Toxoplasma gondii antigens GRA1 (p24) and SAG1 (p30): a comparison of their stimulatory influence on T-cell activation and cytokine expression in in vitro cultures.

The influence of recombinant cell surface SAG1 (rp30) and secretory GRA1 (rp24) antigens (Ag) on T-cell activation and cytokine induction in vitro was compared.

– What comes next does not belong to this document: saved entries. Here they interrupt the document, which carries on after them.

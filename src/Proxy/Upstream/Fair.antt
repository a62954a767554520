-- ===== src/Proxy/Upstream/Fair.antt =====
-- Rotation over the upstreams, and the wrap of the counter.
use go_mini_gateway.Proxy.Upstream.Acquire.{IsValid}
use mathlib.Core.Bool.{false≢true}
use mathlib.Core.Path.{subst}
use native.Mathlib.Decide.{dec_lt}
use go_mini_gateway.Proxy.Upstream.Select.{
  select_upstream_lem, with_result, select_from-Outcome, Outcome, Refuses,
}
use go_mini_gateway.Common.{
  ℕ, zero, suc, ◌+◌, ◌-◌, ◌%◌, ◌*◌, ◌/◌, ◌≤◌, ◌<◌, ◌≡◌, ◌≢◌, refl, Time, true, Option, none, some,
  List, [], ◌∷◌, arith, length, get_elem?, All, set-get_elem?, get_elem?-lt, All-get_elem?, ap, sym,
  ◌∙◌, lt_of_get_elem?,
}
use native.Mathlib.Nat.{div-add-mod, mul-mod_right, mod-eq_of_lt}
use go_mini_gateway.Proxy.Upstream.{
  Upstream, Handler, try_acquire, u64, index_of, select_from, select_upstream,
}

-- An upstream that accepts every request as it is, such as one with no health state and no breaker, or
-- one that is healthy with a closed breaker.
abbrev pub IsReady : Upstream → Type 0
IsReady u = (now : Time) → try_acquire u now ≡ (u, true)

ready_first :
    (clock : ℕ → Time) (start : ℕ) (us : List Upstream)
    → All IsReady us
    → 0 < length us
    → start < u64
    → select_from clock start (length us) (length us) 0 us ≡ (us, some (start % length us))
unfolding select_from index_of
ready_first clock start [] r pos h = absurd (omega arith)
ready_first clock start (u ∷ us) r pos h =
    let index = start % length (u ∷ us) in
    let (w, e) = get_elem?-lt (u ∷ us) index (omega arith) in
    let here : (start + 0) % u64 ≡ start = omega arith in
    rw (here, e, All-get_elem? IsReady (u ∷ us) index r e (clock 0), set-get_elem? (u ∷ us) index e)

-- The choices of the given number of selections, one after another.
unfoldable pub picks : (ℕ → Time) → ℕ → Handler → List (Option ℕ)
picks clock zero h = []
picks clock (suc n) h = let (h', chosen) = select_upstream h clock in chosen ∷ picks clock n h'

ready_pick :
    (clock : ℕ → Time) (h : Handler)
    → All IsReady h.upstreams
    → 0 < length h.upstreams
    → h.next_index < u64
    → select_upstream h clock ≡ (
      record h { next_index = (h.next_index + 1) % u64 },
      some (h.next_index % length h.upstreams),
    )
ready_pick clock h r pos fits =
    select_upstream_lem h clock pos fits
    ∙ ap (with_result h) (ready_first clock h.next_index h.upstreams r pos fits)

-- While every upstream accepts, and up to the wrap of the counter, the selections go round the list: the
-- `i`-th of them takes the place `nextIndex + i`, modulo the number of upstreams.
picks_rotate :
    (clock : ℕ → Time) (n i : ℕ) (h : Handler)
    → All IsReady h.upstreams
    → 0 < length h.upstreams
    → h.next_index + n ≤ u64
    → i < n
    → get_elem? (picks clock n h) i ≡ some (some ((h.next_index + i) % length h.upstreams))
unfolding picks
picks_rotate clock zero i h r pos fits l = absurd (omega arith)
picks_rotate clock (suc n) zero h r pos fits l =
    let same : h.next_index + 0 ≡ h.next_index = omega arith in
    rw (ready_pick clock h r pos (omega arith), same)
picks_rotate clock (suc n) (suc i) h r pos fits l =
    let one_up : (h.next_index + 1) % u64 ≡ h.next_index + 1 = omega arith in
    let shift : h.next_index + suc i ≡ h.next_index + 1 + i = omega arith in
    rw (ready_pick clock h r pos (omega arith), one_up, shift)
      (picks_rotate clock n i (record h { next_index = h.next_index + 1 }) r pos (omega arith)
        (omega arith))

module _ (count : ℕ) (two : 2 ≤ count) (one_left : u64 % count ≡ 1) where
  last_mod : (u64 - 1) % count ≡ 0
  last_mod =
      let split : u64 - 1 ≡ count * (u64 / count) = omega (arith, div-add-mod u64 count) in
      rw split (mul-mod_right count (u64 / count))

  count-le : count ≤ u64
  count-le = elim (dec_lt u64 count) [
    | yes big ↦ let same : u64 % count ≡ u64 = mod-eq_of_lt big in absurd (omega arith)
    | no small ↦ omega arith
  ]

  -- Round 0 visits the first upstream, and so does round 1.
  wrapped_index : (i : ℕ) → i < count → index_of (u64 - 1) count i ≢ count - 1
  unfolding index_of
  wrapped_index zero l e = omega (arith, last_mod)
  wrapped_index (suc i) l e =
      let wrapped : (u64 - 1 + suc i) % u64 ≡ i = omega (arith, count-le) in
      let low : i % count ≡ i = mod-eq_of_lt (omega arith) in
      let e' : i % count ≡ count - 1 = subst (λ n. n % count ≡ count - 1) wrapped e in omega arith

none_of_others :
    (clock : ℕ → Time) (us : List Upstream)
    → 2 ≤ length us
    → u64 % length us ≡ 1
    → ((j : ℕ) (now : Time) → j + 1 < length us → Refuses us j now)
    → (r : List Upstream × Option ℕ) → Outcome clock (u64 - 1) us 0 (length us) r
    → r.1 ≡ none
none_of_others clock us two one others (us', none) o = refl
none_of_others clock us two one others (us', some j) (k, u, l, m, a) =
    let skipped = wrapped_index (length us) two one k (omega arith) in
    let in_range = lt_of_get_elem? us j a.found in
    let not_last : j ≢ length us - 1 = λ e. skipped (a.index ∙ e) in
    absurd (false≢true (sym (others j (clock k) (omega arith) u a.found) ∙ a.accepted))

-- At the wrap of the counter an upstream is passed over: with the counter at 2^64 - 1, a number of
-- upstreams that leaves 1 when it divides 2^64, such as 3 or 5, and all upstreams but the last one
-- refusing, the selection takes none, whether or not the last one would accept.
pub wrap_skips_last :
    (h : Handler) (clock : ℕ → Time)
    → All IsValid h.upstreams
    → h.next_index ≡ u64 - 1
    → 2 ≤ length h.upstreams
    → u64 % length h.upstreams ≡ 1
    → ((j : ℕ) (now : Time) → j + 1 < length h.upstreams → Refuses h.upstreams j now)
    → (select_upstream h clock).1 ≡ none
wrap_skips_last h clock v last two one others =
    let o =
      subst
        (λ n.
          Outcome clock n h.upstreams 0 (length h.upstreams)
            (select_from clock n (length h.upstreams) (length h.upstreams) 0 h.upstreams))
        last
        (select_from-Outcome clock h.next_index h.upstreams (length h.upstreams) 0 (omega arith)
          v) in
    rw (select_upstream_lem h clock (omega arith) (omega arith), last)
      (none_of_others clock h.upstreams two one others _ o)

T-cell activity and the level of IFN-gamma, IL-10 and IL-12 expression in rp30-immunized T cells were considerably increased in the presence of rp30 Ags. IgG2a and IgG1 antibodies (Ab) were detected in sera of rp24- and rp30-immunized mice, with the secretory rp24 Ag having induced significantly higher titer of IgG1 Ab. In vitro, the greater antigenicity of surface rp30 Ag was notable based on the level of T-cell activation, and cytokine synthesis suggestive of the participation of Th1 cells. Although, IFN-gamma expression by rp24 Ag was lower compared to rp30 Ag, the synthesis of both IgG2a and IgG1 Abs reflects the protective nature of rp24 Ag. We have generated two recombinant Toxoplasma gondii Ags that demonstrated differences in antigenicity in vitro. It would be interesting to evaluate the mechanism(s) of immunity induced by SAG1 (p30) and GRA1 (p24) Ags against infection with T. gondii in vivo.

2953 related Products with: Toxoplasma gondii antigens GRA1 (p24) and SAG1 (p30): a comparison of their stimulatory influence on T-cell activation and cytokine expression in in vitro cultures.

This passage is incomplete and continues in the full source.